◆ **What you will do**:
If a line in the listing below contains "Option", return that line.

◆ **Exercise materials**:
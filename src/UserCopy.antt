-- ===== src/UserCopy.antt =====
-- kern/vm/copyinout.c: copies between the kernel and user memory. A `longjmp` out of a copy is the
-- result EFAULT; which addresses fault is a parameter, as is what a block copy that faults leaves
-- behind.
pub mod Check
pub mod Blocks
pub mod Strings
mod Tests
use os161_project_c.Base.{
  ℕ, zero, suc, ◌+◌, ◌-◌, ◌%◌, ◌^◌, ◌≤◌, ◌<◌, ◌≡◌, Bool, true, false, not, ltb, leb, ◌==◌,
  if◌then◌else◌, update, Option, none, some, find_first,
}
use os161_project_c.Vfs.{Bytes, slice, copy_in}

abbrev pub efault : ℕ
efault = 6

abbrev pub enametoolong : ℕ
enametoolong = 7

-- MIPS_KSEG0
abbrev pub userspacetop : ℕ
userspacetop = 0x80000000

abbrev pub word : ℕ → ℕ
word x = x % 2 ^ 32

-- The result, and `*stoplen`.
pub record Checked : Type 0 where
  pub result : ℕ
  pub stoplen : ℕ

unfoldable pub copycheck : (userptr len : ℕ) → Checked
copycheck userptr len =
    let top = word (userptr + len + (2 ^ 32 - 1)) in
    if ltb top userptr
    then record { result = efault; stoplen = len }
    else if leb userspacetop userptr
    then record { result = efault; stoplen = len }
    else record {
      result = 0;
      stoplen = if leb userspacetop top then userspacetop - userptr else len;
    }

-- User memory: its bytes, the addresses that fault, and what a block copy that faults leaves of the
-- memory that it writes.
pub record UserMemory : Type 0 where
  pub bytes : Bytes
  pub faulty : ℕ → Bool
  pub torn : (dest len : ℕ) → Bytes → Bytes

-- A result with the memory that was written.
pub record Copied : Type 0 where
  pub result : ℕ
  pub mem : Bytes

-- What comes back from the calls of setjmp: the fault, or the end of the copy.
abbrev pub landed : (fault : Option ℕ) → (torn copied : Bytes) → Copied
landed (some a) torn copied = record { result = efault; mem = torn }
landed none torn copied = record { result = 0; mem = copied }

-- The `memcpy` between the calls of setjmp.
unfoldable pub copy_guarded : (u : UserMemory) (user len : ℕ) (dest : ℕ) → Bytes → Bytes → Copied
copy_guarded u user len dest b mem =
    landed (find_first len user u.faulty) (u.torn dest len mem) (copy_in mem dest len b)

-- The checks that both block copies begin with.
unfoldable pub check_block : (userptr len : ℕ) → ℕ
unfolding copycheck
check_block userptr len =
    let c = copycheck userptr len in
    if c.result == 0 then if c.stoplen == len then 0 else efault else c.result

-- From user memory to `dest` in the kernel's memory.
unfoldable pub copyin : UserMemory → (usersrc dest len : ℕ) → Bytes → Copied
unfolding check_block copy_guarded
copyin u usersrc dest len mem =
    let result = check_block usersrc len in
    if result == 0
    then copy_guarded u usersrc len dest (slice u.bytes usersrc) mem
    else record { result = result; mem = mem }

-- From `src` in the kernel's memory; what is written is the user's memory.
unfoldable pub copyout : UserMemory → (src userdest len : ℕ) → Bytes → Copied
unfolding check_block copy_guarded
copyout u src userdest len mem =
    let result = check_block userdest len in
    if result == 0
    then copy_guarded u userdest len userdest (slice mem src) u.bytes
    else record { result = result; mem = u.bytes }

-- A result, `*gotlen`, and the memory that was written.
pub record StringCopy : Type 0 where
  pub result : ℕ
  pub gotlen : Option ℕ
  pub mem : Bytes

-- The loop of copystr from `i` on, over `k` characters, between any two memories; an access to
-- character `j` of the user's string faults where `faulty j` says so.
unfoldable pub copystr_loop :
    (k i : ℕ) (src : Bytes) (faulty : ℕ → Bool) (dest : ℕ) (at_end : ℕ) → Bytes → StringCopy
copystr_loop zero i src faulty dest at_end mem = record {
  result = at_end;
  gotlen = none;
  mem = mem;
}
copystr_loop (suc k) i src faulty dest at_end mem =
    let mem' = update mem (dest + i) (src i) in
    let rest = copystr_loop k (i + 1) src faulty dest at_end mem' in
    if faulty i
    then record { result = efault; gotlen = none; mem = mem }
    else if src i == 0
    then record { result = 0; gotlen = some (i + 1); mem = mem' }
    else rest

abbrev pub min : ℕ → ℕ → ℕ
min a b = if ltb a b then a else b

unfoldable pub copystr :
    (dest : ℕ) (src : Bytes) (faulty : ℕ → Bool) (maxlen stoplen : ℕ) → Bytes → StringCopy
unfolding copystr_loop
copystr dest src faulty maxlen stoplen mem =
    copystr_loop (min maxlen stoplen) 0 src faulty dest
      (if ltb stoplen maxlen then efault else enametoolong) mem

unfoldable pub copyinstr : UserMemory → (usersrc dest len : ℕ) → Bytes → StringCopy
unfolding copycheck copystr
copyinstr u usersrc dest len mem =
    let c = copycheck usersrc len in
    if c.result == 0
    then copystr dest (slice u.bytes usersrc) (λ i. u.faulty (usersrc + i)) len c.stoplen mem
    else record { result = c.result; gotlen = none; mem = mem }

unfoldable pub copyoutstr : UserMemory → (src userdest len : ℕ) → Bytes → StringCopy
unfolding copycheck copystr
copyoutstr u src userdest len mem =
    let c = copycheck userdest len in
    if c.result == 0
    then copystr userdest (slice mem src) (λ i. u.faulty (userdest + i)) len c.stoplen u.bytes
    else record { result = c.result; gotlen = none; mem = u.bytes }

◆ **Reply**:
  if◌then◌else◌, update, Option, none, some, find_first,
abbrev pub landed : (fault : Option ℕ) → (torn copied : Bytes) → Copied
  pub gotlen : Option ℕ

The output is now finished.